O’Rourke points out that long haul COVID has created a new dynamic in which academic medicine, after years of refusing to recognize chronic illnesses such as fibromyalgia and chronic fatigue syndrome, has begun to understand that viral infections are handled in different ways in different individuals and can lead to chronic, non-specific illness. The long haul COVID phenomenon, and hence, many of these other non-specific autoimmune diseases, can no longer be dismissed as psychosomatic because of the immense numbers of people affected.
Having identified this issue, O’Rourke goes on to examine the growing problem of autoimmunity and how some US medical care systems are recognizing and reorganizing to treat the individuals with these disorders. Progress is slow though examples like the Mount Sinai Center for Post-COVID Care are beginning to organize care with the goal of managing, not curing these chronic illnesses.

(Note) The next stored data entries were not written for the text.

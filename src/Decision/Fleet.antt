-- ===== src/Decision/Fleet.antt =====
-- The enabled slaves by account id.
use forex_automated_copy_tra.Base.{
  ℕ, ◌≡◌, refl, true, ◌||◌, some, List, [], ◌∷◌, map, contains, Dict, lookup, insert, keys,
  lookup-insert, ◌==◌, arith, if◌then◌else◌,
}
use forex_automated_copy_tra.Models.{SlaveConfig}
use forex_automated_copy_tra.Decision.Loops.{enabled, by_id_onto, by_id}

abbrev pub kept_ids : List SlaveConfig → List ℕ
kept_ids slaves = map (λ s. s.account_id) (enabled slaves)

-- The account ids of the slaves whose flag is on, in the fleet's order.
abbrev pub enabled_ids : List SlaveConfig → List ℕ
enabled_ids [] = []
enabled_ids (s ∷ slaves) =
    let rest = enabled_ids slaves in if s.enabled then s.account_id ∷ rest else rest

pub kept_ids-enabled : (slaves : List SlaveConfig) → kept_ids slaves ≡ enabled_ids slaves
unfolding enabled
kept_ids-enabled [] = refl
kept_ids-enabled (s ∷ slaves) = ground (arith, kept_ids-enabled slaves)

module _ {V : Type 0} where
  contains-keys-insert :
      (a k : ℕ) (v : V) (d : Dict V)
      → contains a (keys (insert k v d)) ≡ (a == k || contains a (keys d))
  contains-keys-insert a k v [] = refl
  contains-keys-insert a k v ((j, w) ∷ d) = ground (arith, contains-keys-insert a k v d)

  pub contains-keys-of_lookup :
      (k : ℕ) (d : Dict V) (v : V) → lookup k d ≡ some v → contains k (keys d) ≡ true
  contains-keys-of_lookup k [] v h = cc
  contains-keys-of_lookup k ((j, w) ∷ d) v h = ground (arith, contains-keys-of_lookup k d v)

contains-by_id_onto :
    (a : ℕ) (d : Dict SlaveConfig) (xs : List SlaveConfig)
    → contains a (keys (by_id_onto d xs))
      ≡ (contains a (keys d) || contains a (map (λ (s : SlaveConfig). s.account_id) xs))
unfolding by_id_onto
contains-by_id_onto a d [] = ground arith
contains-by_id_onto a d (s ∷ xs) = ground (
  arith,
  contains-by_id_onto a (insert s.account_id s d) xs,
  contains-keys-insert a s.account_id s d,
)

-- The dict's keys are the enabled slaves' ids.
pub contains-by_id :
    (a : ℕ) (slaves : List SlaveConfig)
    → contains a (keys (by_id slaves)) ≡ contains a (kept_ids slaves)
unfolding by_id
contains-by_id a slaves = contains-by_id_onto a [] (enabled slaves)

-- Every value stands under its own id.
by_id_onto-IsKeyed :
    (d : Dict SlaveConfig) (xs : List SlaveConfig)
    → ((k : ℕ) (s : SlaveConfig) → lookup k d ≡ some s → s.account_id ≡ k)
    → (k : ℕ) (s : SlaveConfig) → lookup k (by_id_onto d xs) ≡ some s
    → s.account_id ≡ k
unfolding by_id_onto
by_id_onto-IsKeyed d [] h k s e = h k s e
by_id_onto-IsKeyed d (x ∷ xs) h k s e =
    by_id_onto-IsKeyed (insert x.account_id x d) xs
      (λ j t f. ground (arith, lookup-insert x.account_id j x d, h j t)) k s e

pub lookup-by_id :
    (slaves : List SlaveConfig) (k : ℕ) (s : SlaveConfig)
    → lookup k (by_id slaves) ≡ some s
    → s.account_id ≡ k
unfolding by_id
lookup-by_id slaves k s e = by_id_onto-IsKeyed [] (enabled slaves) (λ j t f. cc) k s e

In her own experience, O’Rourke finally found a physician who was interested and had extensive experience in treating these chronic illnesses who convinced her to take doxycycline for what he was convinced was chronic Lyme Disease. She vastly improved and was able to return to a somewhat normal life, become the mother of two children, and return to work, though her symptoms continued to return from time to time. She even tried a FMT, a fecal microbiota transplant, traveling to England to undergo the therapy.

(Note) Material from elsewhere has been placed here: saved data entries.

-- ===== src/Decision/Coverage.antt =====
-- Which accounts the intents of a decision are for.
use forex_automated_copy_tra.Base.{
  ℕ, ◌≡◌, refl, Bool, true, false, not, ◌||◌, Option, none, some, List, [], ◌∷◌, ◌++◌, map,
  contains, keep, Dict, lookup, keys, ◌==◌, arith, Option-cases, Bool-cases, ==_iff, ◌&&◌, inl, inr,
}
use forex_automated_copy_tra.Models.{SlaveConfig, SlaveIntent, account_of, AlertMessage}
use forex_automated_copy_tra.Decision.Loops.{
  by_id, for_slaves, for_entries, uncovered, with_alerts, for_mapped, alert_to,
}
use forex_automated_copy_tra.Decision.Fleet.{
  kept_ids, contains-by_id, contains-keys-of_lookup, lookup-by_id,
}

module _ {F : Type 0} where
  -- Some intent is for this account.
  abbrev pub addressed : ℕ → List (SlaveIntent F) → Bool
  addressed a [] = false
  addressed a (i ∷ intents) =
      elim (account_of i) [ none ↦ false | some b ↦ a == b ] || addressed a intents

  addressed-append :
      (a : ℕ) (xs ys : List (SlaveIntent F))
      → addressed a (xs ++ ys) ≡ (addressed a xs || addressed a ys)
  addressed-append a [] ys = refl
  addressed-append a (x ∷ xs) ys = ground (arith, addressed-append a xs ys)

  pub addressed-for_slaves :
      (a : ℕ) (body : SlaveConfig → Option (SlaveIntent F))
      → ((s : SlaveConfig) (i : SlaveIntent F) → body s ≡ some i → account_of i ≡ some s.account_id)
      → (xs : List SlaveConfig) (out : List (SlaveIntent F)) → for_slaves body xs ≡ some out
      → addressed a out ≡ contains a (map (λ (s : SlaveConfig). s.account_id) xs)
  unfolding for_slaves
  addressed-for_slaves a body own [] out e = cc
  addressed-for_slaves a body own (s ∷ xs) out e = elim (Option-cases (body s)) [
    | inl failed ↦ ground arith
    | inr (i, done) ↦ elim (Option-cases (for_slaves body xs)) [
      | inl failed ↦ ground arith
      | inr (rest, more) ↦
          ground (arith, own s i done, addressed-for_slaves a body own xs rest more)
    ]
  ]

  module _ {A : Type 0} (account : A → ℕ) (body : SlaveConfig → A → Option (SlaveIntent F)) where
    -- The intents of the loop are for the covered accounts, which are keys.
    addressed-for_entries :
        (a : ℕ) (d : Dict SlaveConfig)
        → ((k : ℕ) (s : SlaveConfig) → lookup k d ≡ some s → s.account_id ≡ k)
        → ((s : SlaveConfig) (entry : A) (i : SlaveIntent F)
            → s.account_id ≡ account entry
            → body s entry ≡ some i
            → account_of i ≡ some (account entry))
        → (entries : List A) (out : List (SlaveIntent F)) (covered : List ℕ)
        → for_entries account body d entries ≡ some (out, covered)
        → (addressed a out ≡ contains a covered)
          × (contains a covered ≡ true → contains a (keys d) ≡ true)
    unfolding for_entries
    addressed-for_entries a d keyed own [] out covered e = ground arith
    addressed-for_entries a d keyed own (entry ∷ entries) out covered e =
        elim (Option-cases (for_entries account body d entries)) [
          | inl failed ↦ ground arith
          | inr (r, more) ↦
              let ih = addressed-for_entries a d keyed own entries r.0 r.1 more in
              elim (Option-cases (lookup (account entry) d)) [
                | inl skipped ↦ ground (arith, ih)
                | inr (s, found) ↦ elim (Option-cases (body s entry)) [
                  | inl failed ↦ ground arith
                  | inr (i, done) ↦ ground (
                    arith,
                    ih,
                    own s entry i (keyed (account entry) s found) done,
                    contains-keys-of_lookup (account entry) d s found,
                  )
                ]
              ]
        ]

addressed-alerts :
    (F : Type 0) (a : ℕ) (m : AlertMessage) (xs : List ℕ)
    → addressed a (map (λ x. alert_to {F = F} x m) xs) ≡ contains a xs
addressed-alerts F a m [] = refl
addressed-alerts F a m (x ∷ xs) = ground (arith, addressed-alerts F a m xs)

contains-keep-not :
    (a : ℕ) (covered xs : List ℕ)
    → contains a (keep (λ x. not (contains x covered)) xs)
      ≡ (contains a xs && not (contains a covered))
contains-keep-not a covered [] = refl
contains-keep-not a covered (x ∷ xs) = elim (Bool-cases (a == x)) [
  | inl same ↦ rw ((==_iff a x).0 same) (ground (arith, contains-keep-not x covered xs))
  | inr other ↦ ground (arith, contains-keep-not a covered xs)
]

-- Python's iteration of a set visits its elements and nothing else.
abbrev pub VisitsAll : (List ℕ → List ℕ) → Type 0
VisitsAll set_order = (a : ℕ) (xs : List ℕ) → contains a (set_order xs) ≡ contains a xs

addressed-with_alerts :
    (F : Type 0) (set_order : List ℕ → List ℕ) (a : ℕ) (m : AlertMessage) (d : Dict SlaveConfig)
    (out : List (SlaveIntent F)) (covered : List ℕ)
    → VisitsAll set_order
    → addressed a out ≡ contains a covered
    → (contains a covered ≡ true → contains a (keys d) ≡ true)
    → addressed a (with_alerts set_order m d (out, covered)) ≡ contains a (keys d)
unfolding with_alerts
addressed-with_alerts F set_order a m d out covered visits here inside =
    rw
      (
        addressed-append a out (map (λ x. alert_to {F = F} x m) (set_order (uncovered d covered))),
        addressed-alerts F a m (set_order (uncovered d covered)),
        visits a (uncovered d covered),
        contains-keep-not a covered (keys d),
        here,
      )
      (ground (arith, inside))

module _ {F : Type 0} {A : Type 0} (set_order : List ℕ → List ℕ)
    (visits : VisitsAll set_order) where
  pub addressed-for_mapped :
      (a : ℕ) (account : A → ℕ) (body : SlaveConfig → A → Option (SlaveIntent F)) (m : AlertMessage)
      → ((s : SlaveConfig) (entry : A) (i : SlaveIntent F)
          → s.account_id ≡ account entry
          → body s entry ≡ some i
          → account_of i ≡ some (account entry))
      → (entries : List A) (slaves : List SlaveConfig) (out : List (SlaveIntent F))
      → for_mapped set_order account body m entries slaves ≡ some out
      → addressed a out ≡ contains a (kept_ids slaves)
  unfolding for_mapped
  addressed-for_mapped a account body m own entries slaves out e =
      elim (Option-cases (for_entries account body (by_id slaves) entries)) [
        | inl failed ↦ ground arith
        | inr (r, done) ↦
            let inner =
              addressed-for_entries account body a (by_id slaves) (lookup-by_id slaves) own entries
                r.0 r.1 done in
            ground (
              arith,
              addressed-with_alerts F set_order a m (by_id slaves) r.0 r.1 visits inner.0 inner.1,
              contains-by_id a slaves,
            )
      ]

O’Rourke has given voice to a huge number of individuals suffering with these conditions. In her final chapter The Wisdom Narrative, she quotes Virginia Woolf’s essay on ‘Being Ill’, Susan Sontag’s book, ‘Illness as Metaphor’, Atul Gawande’s ‘Being Mortal’, and the medical sociologist, Arthur Frank, as she delves into the question of whether illness can lead to wisdom, i.e. is there any redemptive value in being sick?. Frank divides illness narratives into three categories: restitution (you’re sick but you get cured), chaos (experiencing life without sequence or discernable causality of your illness) and quest (the ability to synthesize the patient experience into a meaning of some kind). For O’Rourke and others living with these chronic disabling conditions, it is a chaos narrative, one to be tolerated and managed. What she is seeking ultimately, is an American health system that trains doctors to tolerate uncertainty (that old Keatsian negative capability) and enables them to practice in a manner which can support this chaos and provide empathy and care to the individuals who live with chronic illness.

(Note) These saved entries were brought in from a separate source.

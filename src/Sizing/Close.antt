-- ===== src/Sizing/Close.antt =====
-- A slave's share of a partial close, and steps of volume.
use native.Mathlib.Nat.{
  div-add-mod', mul-one, mod-lt, mul-mod_left, mul-le-mul_right, div-mul-le_self, div-eq_of_lt-le,
  le_of_mul-le-mul_right,
}
use forex_automated_copy_tra.Base.{
  ℕ, ◌+◌, ◌*◌, ◌/◌, ◌%◌, ◌^◌, min, ◌≤◌, ◌<◌, ◌≡◌, refl, ap, sym, some, arith, ◌==◌, Option,
  Bool-cases, inl, inr, ==_iff, if◌then◌else◌,
}
use forex_automated_copy_tra.Decimal.{Decimal, of_int, div, mul, to_int, round28}
use forex_automated_copy_tra.Decimal.Rounding.{round28-bounds, ne_zero}
use forex_automated_copy_tra.Decimal.Approx.{pow10-pos}
use forex_automated_copy_tra.Sizing.{floor_to_step, partial_close_volume, ◌>>=◌}

-- What is floored to a step is never more than it was, falls short by less than one step, and is
-- a whole number of steps.
pub floor_to_step_bounds :
    (volume step : ℕ)
    → 0 < step
    → (floor_to_step volume step ≤ volume)
      × (volume < floor_to_step volume step + step)
      × (floor_to_step volume step % step ≡ 0)
unfolding floor_to_step
floor_to_step_bounds volume step h =
    ground (arith, div-add-mod' volume step, mod-lt volume h, mul-mod_left (volume / step) step)

pub floor_to_step-le : (volume step : ℕ) → floor_to_step volume step ≤ volume
unfolding floor_to_step
floor_to_step-le volume step = ground (arith, div-mul-le_self volume step)

-- A product of whole numbers below 28 digits is exact.
mul-of_int :
    (a b : ℕ)
    → 0 < a * b
    → a * b < 10 ^ 28
    → let r = mul (of_int a) (of_int b) in r.coeff ≡ a * b * 10 ^ r.places
unfolding mul
mul-of_int a b h k = omega (arith, round28-bounds (a * b) 1 h (omega arith) (omega arith))

-- The same bounds, in the unknowns that the arithmetic turns on: the quotient, the remainder and
-- the power of ten.
quotient_bounds :
    (n d q r c P : ℕ)
    → n ≡ q * d + r
    → r < d
    → d ≤ P
    → 2 * (c * d) ≤ 2 * (n * P) + d
    → 2 * (n * P) ≤ 2 * (c * d) + d
    → (q * P ≤ c) × (c < (q + 1) * P)
quotient_bounds n d q r c P e hr hd above below = (
  grind (arith, ap (λ (t : ℕ). t * P) e, λ (l : c + 1 ≤ q * P). mul-le-mul_right d l),
  grind (
    arith,
    ap (λ (t : ℕ). t * P) e,
    mul-le-mul_right P hr,
    λ (l : (q + 1) * P ≤ c). mul-le-mul_right d l,
  ),
)

-- The integer part of a 28-digit quotient is the integer quotient.
to_int-quotient :
    (n k d c p : ℕ)
    → n ≤ 10 ^ 27
    → 0 < k
    → 0 < d
    → 10 ^ 27 * (d * k) ≤ n * k * 10 ^ p
    → 2 * (c * (d * k)) ≤ 2 * (n * k * 10 ^ p) + d * k
    → 2 * (n * k * 10 ^ p) ≤ 2 * (c * (d * k)) + d * k
    → c / 10 ^ p ≡ n / d
to_int-quotient n k d c p hn hk hd h1 h2 h3 =
    let P : ℕ = 10 ^ p in
    let lead : 10 ^ 27 * d ≤ n * P = le_of_mul-le-mul_right {k = k} (omega arith) hk in
    let room : d ≤ P =
      le_of_mul-le-mul_right {k = 10 ^ 27} (omega (arith, lead, mul-le-mul_right P hn))
        (omega arith) in
    let above : 2 * (c * d) ≤ 2 * (n * P) + d = le_of_mul-le-mul_right {k = k} (omega arith) hk in
    let below : 2 * (n * P) ≤ 2 * (c * d) + d = le_of_mul-le-mul_right {k = k} (omega arith) hk in
    let b =
      quotient_bounds n d (n / d) (n % d) c P (sym (div-add-mod' n d)) (mod-lt n hd) room above
        below in
    div-eq_of_lt-le P b.0 b.1

pub div-of_int :
    (x : Decimal) (d : ℕ) → 0 < d → div x (of_int d) ≡ some (round28 x.coeff (d * 10 ^ x.places))
unfolding div
div-of_int x d h = rw (ne_zero d h, mul-one)

mul-of_int_zero : (a b : ℕ) → a * b ≡ 0 → mul (of_int a) (of_int b) ≡ of_int 0
unfolding mul round28
mul-of_int_zero a b h = rw h

round28-zero : (d : ℕ) → round28 0 d ≡ of_int 0
unfolding round28
round28-zero d = refl

to_int-round28 :
    (n k d : ℕ) → 0 < n → n ≤ 10 ^ 27 → 0 < k → 0 < d → to_int (round28 (n * k) (d * k)) ≡ n / d
unfolding to_int
to_int-round28 n k d hn small hk hd =
    let fits : n * k < 10 ^ 28 * (d * k) =
      grind (arith, mul-le-mul_right k small, mul-le-mul_right k hd) in
    let b = round28-bounds (n * k) (d * k) (grind arith) (grind arith) fits in
    to_int-quotient n k d (round28 (n * k) (d * k)).coeff (round28 (n * k) (d * k)).places small hk
      hd b.0 b.1 b.2

-- The Decimal quotient of a product by a total, cut to an integer, is the integer quotient.
to_int-div-mul :
    (a b d : ℕ)
    → 0 < d
    → a * b ≤ 10 ^ 27
    → (div (mul (of_int a) (of_int b)) (of_int d) >>= λ e. some (to_int e)) ≡ some (a * b / d)
unfolding to_int
to_int-div-mul a b d hd small = elim (Bool-cases (a * b == 0)) [
  | inl zero_product ↦
      let e = (==_iff (a * b) 0).0 zero_product in
      rw (mul-of_int_zero a b e, div-of_int (of_int 0) d hd, round28-zero, e) (ground arith)
  | inr product ↦
      let e = mul-of_int a b (ground arith) (omega arith) in
      let t =
        to_int-round28 (a * b) (10 ^ (mul (of_int a) (of_int b)).places) d (ground arith) small
          (pow10-pos _) hd in
      rw (div-of_int (mul (of_int a) (of_int b)) d hd, e) (ap {B = Option ℕ} some t)
]

-- For a product of volumes up to 10 ^ 27 the slave closes its exact share, floored to a step and
-- never more than it holds; when nothing remains on the master it closes all that it holds.
pub partial_close_volume-exact :
    (slave_volume closed remaining step : ℕ)
    → slave_volume * closed ≤ 10 ^ 27
    → partial_close_volume slave_volume closed remaining step
      ≡ some (
          if remaining == 0
          then slave_volume
          else min (floor_to_step (slave_volume * closed / (closed + remaining)) step) slave_volume)
unfolding partial_close_volume
partial_close_volume-exact slave_volume closed remaining step h =
    elim (Bool-cases (remaining == 0)) [
      | inl full ↦ rw full
      | inr part ↦
          rw part (
            ground
              (arith, to_int-div-mul slave_volume closed (closed + remaining) (ground arith) h))
    ]

-- Whatever the volumes, the close is some volume, and never more than the slave holds.
pub partial_close_volume-le :
    (slave_volume closed remaining step : ℕ)
    → (v : ℕ) × (partial_close_volume slave_volume closed remaining step ≡ some v)
      × (v ≤ slave_volume)
unfolding partial_close_volume
partial_close_volume-le slave_volume closed remaining step = elim (Bool-cases (remaining == 0)) [
  | inl full ↦ (slave_volume, rw full, omega arith)
  | inr part ↦
      let share = mul (of_int slave_volume) (of_int closed) in
      let total = closed + remaining in
      let exact = round28 share.coeff (total * 10 ^ share.places) in
      (
        min (floor_to_step (to_int exact) step) slave_volume,
        rw (part, div-of_int share total (ground arith)),
        omega arith,
      )
]

-- A full close on the master closes all that the slave holds.
pub partial_close_volume-all :
    (slave_volume closed remaining step : ℕ)
    → remaining ≡ 0
    → partial_close_volume slave_volume closed remaining step ≡ some slave_volume
unfolding partial_close_volume
partial_close_volume-all slave_volume closed remaining step h = rw h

Not an easy book to read and I’m still trying to sort out the science in her claims, but I think it’s potentially a ground breaker and a means for a paradigm shift for medicine, as was Gawande’s ‘Being Mortal’ and the Institute of Medicine’s 1999 report on medical errors. ‘To Err is Human’. For now, I come down on the side of it being an important book which should be read by people with these conditions and by their doctors. (Addendum: Since writing this, I’ve exchanged emails with a noted rheumatologist who has been focused on long haul COVID for 2 years, and he holds O’Rourke’s book in high esteem, quoting her in the final sentence of his own book on these chronic conditions!).